Exercise brief: Copy out each line of the data that holds the word "TupleIter".

Source information:
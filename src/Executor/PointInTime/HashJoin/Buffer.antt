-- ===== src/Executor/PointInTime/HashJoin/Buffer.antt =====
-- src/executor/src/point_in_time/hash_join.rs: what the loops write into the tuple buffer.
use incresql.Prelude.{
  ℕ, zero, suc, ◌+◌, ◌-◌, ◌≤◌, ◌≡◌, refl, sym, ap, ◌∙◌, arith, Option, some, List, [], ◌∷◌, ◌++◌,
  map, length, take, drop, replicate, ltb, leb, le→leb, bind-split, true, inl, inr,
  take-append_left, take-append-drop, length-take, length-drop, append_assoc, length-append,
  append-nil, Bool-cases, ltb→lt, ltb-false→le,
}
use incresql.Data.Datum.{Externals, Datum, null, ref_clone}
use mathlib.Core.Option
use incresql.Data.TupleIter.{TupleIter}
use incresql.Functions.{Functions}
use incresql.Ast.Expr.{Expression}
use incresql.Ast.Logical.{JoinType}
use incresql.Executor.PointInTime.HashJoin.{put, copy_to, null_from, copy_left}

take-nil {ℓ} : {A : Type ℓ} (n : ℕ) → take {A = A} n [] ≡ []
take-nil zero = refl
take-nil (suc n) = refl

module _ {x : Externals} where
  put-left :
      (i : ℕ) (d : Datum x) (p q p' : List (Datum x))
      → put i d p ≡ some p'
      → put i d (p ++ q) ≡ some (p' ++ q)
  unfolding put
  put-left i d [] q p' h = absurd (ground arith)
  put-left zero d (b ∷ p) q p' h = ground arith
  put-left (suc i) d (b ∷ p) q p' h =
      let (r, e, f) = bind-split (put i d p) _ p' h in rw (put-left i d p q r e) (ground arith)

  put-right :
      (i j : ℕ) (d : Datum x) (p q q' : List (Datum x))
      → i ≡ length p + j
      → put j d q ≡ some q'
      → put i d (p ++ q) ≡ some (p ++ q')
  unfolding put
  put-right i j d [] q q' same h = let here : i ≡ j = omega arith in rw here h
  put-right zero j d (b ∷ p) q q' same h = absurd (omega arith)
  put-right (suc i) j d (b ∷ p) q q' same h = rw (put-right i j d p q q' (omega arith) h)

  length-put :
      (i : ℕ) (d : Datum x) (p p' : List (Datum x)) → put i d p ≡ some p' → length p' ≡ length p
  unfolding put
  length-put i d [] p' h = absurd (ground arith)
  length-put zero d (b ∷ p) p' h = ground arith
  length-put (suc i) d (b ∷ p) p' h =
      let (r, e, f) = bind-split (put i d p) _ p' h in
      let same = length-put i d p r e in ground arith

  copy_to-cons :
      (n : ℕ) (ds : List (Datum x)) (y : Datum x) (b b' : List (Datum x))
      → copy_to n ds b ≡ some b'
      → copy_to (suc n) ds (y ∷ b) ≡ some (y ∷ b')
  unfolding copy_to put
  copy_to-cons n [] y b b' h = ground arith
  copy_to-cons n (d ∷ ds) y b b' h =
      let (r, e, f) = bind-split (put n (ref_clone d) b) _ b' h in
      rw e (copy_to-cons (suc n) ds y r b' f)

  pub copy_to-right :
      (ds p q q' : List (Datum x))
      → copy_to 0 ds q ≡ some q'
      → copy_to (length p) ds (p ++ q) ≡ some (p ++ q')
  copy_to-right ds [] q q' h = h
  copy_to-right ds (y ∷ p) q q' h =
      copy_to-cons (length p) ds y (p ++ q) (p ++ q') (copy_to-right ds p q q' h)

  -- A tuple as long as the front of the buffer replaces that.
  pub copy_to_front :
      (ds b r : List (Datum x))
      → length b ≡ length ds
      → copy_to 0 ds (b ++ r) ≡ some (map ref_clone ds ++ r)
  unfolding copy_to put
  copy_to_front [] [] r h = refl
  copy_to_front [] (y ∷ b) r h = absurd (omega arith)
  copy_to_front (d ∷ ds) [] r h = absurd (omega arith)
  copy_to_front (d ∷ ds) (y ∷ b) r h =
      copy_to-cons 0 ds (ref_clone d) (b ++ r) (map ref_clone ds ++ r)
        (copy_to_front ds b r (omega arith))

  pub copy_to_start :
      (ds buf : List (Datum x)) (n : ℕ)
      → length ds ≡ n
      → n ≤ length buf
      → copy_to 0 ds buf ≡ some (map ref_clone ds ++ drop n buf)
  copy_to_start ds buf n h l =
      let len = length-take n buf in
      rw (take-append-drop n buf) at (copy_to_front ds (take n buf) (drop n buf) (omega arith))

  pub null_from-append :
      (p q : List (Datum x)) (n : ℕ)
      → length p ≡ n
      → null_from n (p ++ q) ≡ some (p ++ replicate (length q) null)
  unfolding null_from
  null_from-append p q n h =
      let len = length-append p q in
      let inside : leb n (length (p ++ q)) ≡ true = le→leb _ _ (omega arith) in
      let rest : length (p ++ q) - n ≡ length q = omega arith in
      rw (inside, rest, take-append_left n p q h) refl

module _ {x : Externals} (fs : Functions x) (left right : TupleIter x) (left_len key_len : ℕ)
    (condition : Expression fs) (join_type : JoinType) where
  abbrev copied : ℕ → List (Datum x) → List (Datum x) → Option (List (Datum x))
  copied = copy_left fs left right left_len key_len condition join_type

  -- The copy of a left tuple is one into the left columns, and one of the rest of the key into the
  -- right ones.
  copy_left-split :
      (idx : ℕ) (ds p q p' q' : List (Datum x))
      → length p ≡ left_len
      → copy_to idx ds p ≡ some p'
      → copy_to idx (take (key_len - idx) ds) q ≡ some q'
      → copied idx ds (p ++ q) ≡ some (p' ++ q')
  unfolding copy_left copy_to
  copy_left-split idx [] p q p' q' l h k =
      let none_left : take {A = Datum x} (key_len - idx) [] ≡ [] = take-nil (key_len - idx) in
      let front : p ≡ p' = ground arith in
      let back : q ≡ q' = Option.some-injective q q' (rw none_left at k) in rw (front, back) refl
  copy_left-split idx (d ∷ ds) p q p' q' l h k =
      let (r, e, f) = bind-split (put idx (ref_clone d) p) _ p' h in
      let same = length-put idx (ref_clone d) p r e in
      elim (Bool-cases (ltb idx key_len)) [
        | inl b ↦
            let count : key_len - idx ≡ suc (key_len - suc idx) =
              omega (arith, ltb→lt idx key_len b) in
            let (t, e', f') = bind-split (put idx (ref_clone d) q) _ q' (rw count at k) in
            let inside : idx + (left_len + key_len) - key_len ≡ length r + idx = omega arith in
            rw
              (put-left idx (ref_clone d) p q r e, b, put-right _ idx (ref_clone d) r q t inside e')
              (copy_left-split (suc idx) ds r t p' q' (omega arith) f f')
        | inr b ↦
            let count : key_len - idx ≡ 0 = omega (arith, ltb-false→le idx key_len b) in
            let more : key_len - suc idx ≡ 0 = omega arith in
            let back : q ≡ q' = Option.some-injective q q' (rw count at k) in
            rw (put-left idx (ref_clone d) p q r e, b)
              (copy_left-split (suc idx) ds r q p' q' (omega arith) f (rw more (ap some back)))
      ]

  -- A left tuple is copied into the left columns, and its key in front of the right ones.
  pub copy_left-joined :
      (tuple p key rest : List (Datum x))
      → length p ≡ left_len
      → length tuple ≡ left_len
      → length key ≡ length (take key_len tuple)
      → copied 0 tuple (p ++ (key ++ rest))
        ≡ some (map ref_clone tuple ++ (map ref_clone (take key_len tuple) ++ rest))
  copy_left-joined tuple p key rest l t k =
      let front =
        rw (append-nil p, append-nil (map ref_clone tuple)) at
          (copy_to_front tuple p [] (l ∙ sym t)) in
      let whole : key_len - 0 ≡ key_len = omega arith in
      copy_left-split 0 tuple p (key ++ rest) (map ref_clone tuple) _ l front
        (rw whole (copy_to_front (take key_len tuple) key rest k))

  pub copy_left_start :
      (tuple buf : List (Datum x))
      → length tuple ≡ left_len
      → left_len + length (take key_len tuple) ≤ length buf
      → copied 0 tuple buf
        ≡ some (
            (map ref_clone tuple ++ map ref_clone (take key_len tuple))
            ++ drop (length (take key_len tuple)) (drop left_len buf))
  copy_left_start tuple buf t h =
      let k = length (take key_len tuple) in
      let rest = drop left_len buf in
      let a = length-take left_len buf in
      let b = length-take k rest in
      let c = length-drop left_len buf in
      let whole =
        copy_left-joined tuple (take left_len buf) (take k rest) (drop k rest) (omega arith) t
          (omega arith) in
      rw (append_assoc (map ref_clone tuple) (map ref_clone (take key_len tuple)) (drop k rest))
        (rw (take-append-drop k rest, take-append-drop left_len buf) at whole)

Result of the exercise:
use incresql.Data.TupleIter.{TupleIter}
module _ {x : Externals} (fs : Functions x) (left right : TupleIter x) (left_len key_len : ℕ)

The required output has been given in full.